Gegen Paraguay zählte es erstmals nach zwei verkorksten Weltmeisterschaften wieder in einem K.-o.-Spiel. Um es präziser zu benennen: gegen den schlechtesten Gruppendritten. „Wir haben es wieder nicht geschafft, in Deutschland eine Euphorie zu entfachen und eine Mannschaft auf dem Feld zu sein, mit der sich die Menschen zuhause und in den Stadien identifizieren können. Das haben wir verbockt, weil wir den Gegner in 120 Minuten nicht besiegen konnten“, meinte Joshua Kimmich über seine dritte WM-Enttäuschung.

Als Kapitän verspürte der 31-Jährige diesmal noch mehr Verantwortung als 2018 in Russland und 2022 in Katar. Auf den Bundestrainer wollte Kimmich in der Ursachenforschung jedoch nicht zeigen. Spielersache sei das Scheitern. „So eine Mannschaft sind wir nicht, die den Trainer als Ausrede nutzt.“ Ähnlich äußerte sich Rüdiger über Nagelsmann: „Um es für alle klar zu sagen: Julian ist ein Toptrainer.“

Ob der Fußballfachmann mit den tausend Ideen und nahezu ebenso vielen Widersprüchen nun beim DFB nach etwas mehr als tausend Tagen im Amt weitermacht, bleibt dennoch die große Frage. Nagelsmann hat sie für sich noch im Stadion von Foxborough beantwortet. „Ich bin keiner, der wegläuft. Ich stehe bereit, wenn man das möchte. Und wenn man das nicht möchte, muss man das sagen“, erklärte der Bundestrainer. Sachlich, fast kühl schloss der 38-Jährige damit einen Rücktritt aus und spielte den Ball an den DFB.

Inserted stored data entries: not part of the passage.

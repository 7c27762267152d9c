-- ===== src/LineText/Scan.antt =====
-- The state that the scanners of line_text.py keep at each character, as a description of its own:
-- the bracket depth, whether the text is inside a string, and whether a backslash stands before.
use mellow_programming_langu.Prelude.{
  ℕ, ◌+◌, ◌-◌, Bool, true, false, not, ◌&&◌, [], ◌∷◌, ◌==◌, if◌then◌else◌,
}
use mellow_programming_langu.Text.{Text, is_one_of}
use mellow_programming_langu.LineText.{backslash, quote_mark, opening, closing}

pub record Scan : Type 0 where
  pub depth : ℕ
  pub in_str : Bool
  pub esc : Bool

abbrev pub start : Scan
start = record { depth = 0; in_str = false; esc = false }

-- The depth never falls below zero.
unfoldable pub depth_after : ℕ → ℕ → ℕ
unfolding is_one_of
depth_after depth ch =
    if is_one_of opening ch then depth + 1 else if is_one_of closing ch then depth - 1 else depth

unfoldable pub step : Scan → ℕ → Scan
step st ch =
    if st.esc
    then record st { esc = false }
    else if ch == backslash
    then record st { esc = true }
    else if ch == quote_mark
    then record st { in_str = not st.in_str }
    else if st.in_str
    then st
    else record st { depth = depth_after st.depth ch }

unfoldable pub run : Scan → Text → Scan
run st [] = st
run st (ch ∷ s) = run (step st ch) s

-- Outside strings, brackets and escapes.
abbrev pub at_top : Scan → Bool
at_top st = not st.esc && (not st.in_str && st.depth == 0)

-- Outside strings and escapes.
abbrev pub is_outside : Scan → Bool
is_outside st = not st.esc && not st.in_str

-- The character `sep` does not stand at top level.
unfoldable pub lacks_top : ℕ → Scan → Text → Bool
lacks_top sep st [] = true
lacks_top sep st (ch ∷ s) = not (at_top st && ch == sep) && lacks_top sep (step st ch) s
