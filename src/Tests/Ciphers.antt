-- ===== src/Tests/Ciphers.antt =====
-- A key of one byte, a file of three bytes, and a directory of two entries.
use cpp_study.Base.{
  ◌-◌, if◌then◌else◌, ◌≡◌, ◌↔◌, refl, List, [], ◌∷◌, ◌++◌, map, true, false, some, arith,
}
use cpp_study.Base.Int.{ℤ, pos}
use cpp_study.Ini.{Text, same_text}
use cpp_study.Secret.{
  Options, Answers, World, regular, directory, crypt, do_secret, deal_dirent, all_dealt, paras_cmd,
}
use cpp_study.Secret.Args.{Accepts, paras_cmd_iff}
use cpp_study.Secret.Cipher.{extra, do_secret-do_secret}
use cpp_study.Secret.Walk.{outputs_of, deal_dirent-outputs}

abbrev plain : Answers
plain = record { there = false; made = true; opened = true; input = 1 ∷ 2 ∷ 3 ∷ [] }

abbrev secret : Answers
secret = record { there = true; made = false; opened = true; input = 6 ∷ 5 ∷ 4 ∷ 3 ∷ [] }

do_secret-do_secret_example :
    let e = extra 7 plain.input in
    (secret.input ≡ map (crypt 7) plain.input ++ e ∷ [])
    × (do_secret 7 secret ≡ some (plain.input ++ crypt 7 e ∷ e ∷ []))
unfolding do_secret
do_secret-do_secret_example = do_secret-do_secret 7 plain secret refl refl refl

-- A file "a" and a directory "b".
abbrev world : World
world = record {
  entries = λ path. some ((97 ∷ []) ∷ (98 ∷ []) ∷ []);
  stat = λ name. if same_text name (46 ∷ 47 ∷ 97 ∷ []) then some regular else some directory;
  answers = λ path name. plain;
}

deal_dirent-outputs_example :
    deal_dirent world 7 3 (46 ∷ [])
    ≡ (all_dealt, outputs_of world 7 (46 ∷ []) ((97 ∷ []) ∷ (98 ∷ []) ∷ []))
deal_dirent-outputs_example =
    deal_dirent-outputs world 7 (46 ∷ []) 3 ((97 ∷ []) ∷ (98 ∷ []) ∷ []) refl
      ((λ e. refl), ((λ e. refl), tt)) (omega arith)

-- A reader of numbers that takes the first digit.
abbrev first_digit : Text → ℤ
first_digit [] = pos 0
first_digit (d ∷ t) = pos (d - 48)

abbrev options : Options
options = record { path = 46 ∷ []; key = pos 7 }

abbrev arguments : List Text
arguments = (45 ∷ 112 ∷ []) ∷ (46 ∷ []) ∷ (45 ∷ 107 ∷ []) ∷ (55 ∷ []) ∷ []

paras_cmd_iff_example :
    (paras_cmd first_digit arguments ≡ some options) ↔ Accepts first_digit arguments options
paras_cmd_iff_example = paras_cmd_iff first_digit arguments options
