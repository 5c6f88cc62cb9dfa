-- ===== src/Tests/Events.antt =====
-- A server on descriptor 3 with a client that comes, is written to and leaves.
use cpp_study.Base.{List, [], ◌∷◌, true, false}
use cpp_study.Base.Int.{pos}
use cpp_study.Epoll.{Event, got, ended, Batch, idle, ready, Start}

abbrev start : Start
start = record { socket = pos 3; bind = pos 0; listen = pos 0; connect = pos 0; added = pos 0 }

abbrev comes : Event
comes = record {
  fd = pos 3;
  readable = true;
  writable = false;
  accepted = pos 5;
  added = pos 0;
  received = got;
}

abbrev asks : Event
asks = record {
  fd = pos 5;
  readable = false;
  writable = true;
  accepted = pos 0;
  added = pos 0;
  received = got;
}

abbrev goes : Event
goes = record {
  fd = pos 5;
  readable = true;
  writable = false;
  accepted = pos 0;
  added = pos 0;
  received = ended;
}

abbrev batches : List Batch
batches = ready (comes ∷ []) ∷ idle ∷ ready (asks ∷ goes ∷ []) ∷ []
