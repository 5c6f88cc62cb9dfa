-- ===== src/Tests/Files.antt =====
-- A file of settings with one section.
use cpp_study.Base.{◌≡◌, refl, List, [], ◌∷◌, ◌++◌, some, arith}
use cpp_study.Base.Exec.{done}
use cpp_study.Shm.{rs_success, rs_common}
use cpp_study.Ini.{read_config_file}
use cpp_study.Ini.Files.{
  Item, section_item, setting_item, AllItems, to_text, settings, read_config_file-to_text,
  read_config_file_stopped,
}

-- [ab] and c=1
abbrev items : List Item
items = section_item (97 ∷ 98 ∷ []) ∷ setting_item (99 ∷ []) (49 ∷ []) ∷ []

items_valid : AllItems items
items_valid = (
  ((refl, (refl, tt)), refl, ((refl, (refl, tt)), (refl, (refl, tt))), omega arith),
  (
    (
      (refl, tt),
      refl,
      ((refl, tt), (refl, tt)),
      omega arith,
      ((refl, tt), (refl, tt)),
      omega arith,
    ),
    tt,
  ),
)

read_config_file-to_text_example :
    read_config_file (some (to_text items)) ≡ done (rs_success, settings items [] [])
read_config_file-to_text_example = read_config_file-to_text items items_valid

read_config_file_stopped_example :
    read_config_file (some (to_text items ++ ((35 ∷ 32 ∷ 120 ∷ []) ++ (10 ∷ to_text items))))
    ≡ done (rs_common, settings items [] [])
read_config_file_stopped_example =
    read_config_file_stopped items (32 ∷ 120 ∷ []) (to_text items) items_valid (refl, (refl, tt))
      ((refl, (refl, tt)), (refl, (refl, tt))) (omega arith)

Beim Verband müssen sich der Präsident Bernd Neuendorf, der Geschäftsführer Andreas Rettig und der Sportdirektor Rudi Völler damit auseinandersetzen, ob der Vertrag bis 2028 (beim Vorrunden-Aus hätte der DFB eine Ausstiegsklausel ziehen können) erfüllt werden soll; ob sie Nagelsmann zutrauen, den Turnierzyklus bis zur nächsten Europameisterschaft anzugehen. „Die drei Herren haben Charakter und werden nicht zwischen Tür und Angel entscheiden“, sagte Nagelsmann.

Doch Völler positionierte sich noch vor den Toren Bostons: „Ich bin immer noch überzeugt davon, dass er der Richtige ist. Er ist die richtige Person am richtigen Ort.“ Abwarten. Denn schon zu Beginn des Turniers hat sich über Nagelsmann ein großer Schatten gelegt. Mit lockeren Sprüchen und blendend weißen Zähnen: Jürgen Klopp.

Trotz seiner Entschuldigung an den Bundestrainer nach Aussagen, die Spekulationen über Nagelsmanns Ablösung bis September eröffnet hatten, bleibt der 59-Jährige im Gespräch. Es ist sogar zu erwarten, dass die Debatte, ob Klopp der bessere Bundestrainer ist, wieder an Dynamik gewinnt. „Ich verstehe, dass mein Name genannt wird. Aber es ist nicht der Moment. Es gibt dazu nichts zu sagen“, betonte die einstige Trainer-Ikone und aktuelle Fußballchef bei Red Bull. Das letzte Wort ist in der Angelegenheit aber sicher noch nicht gesprochen.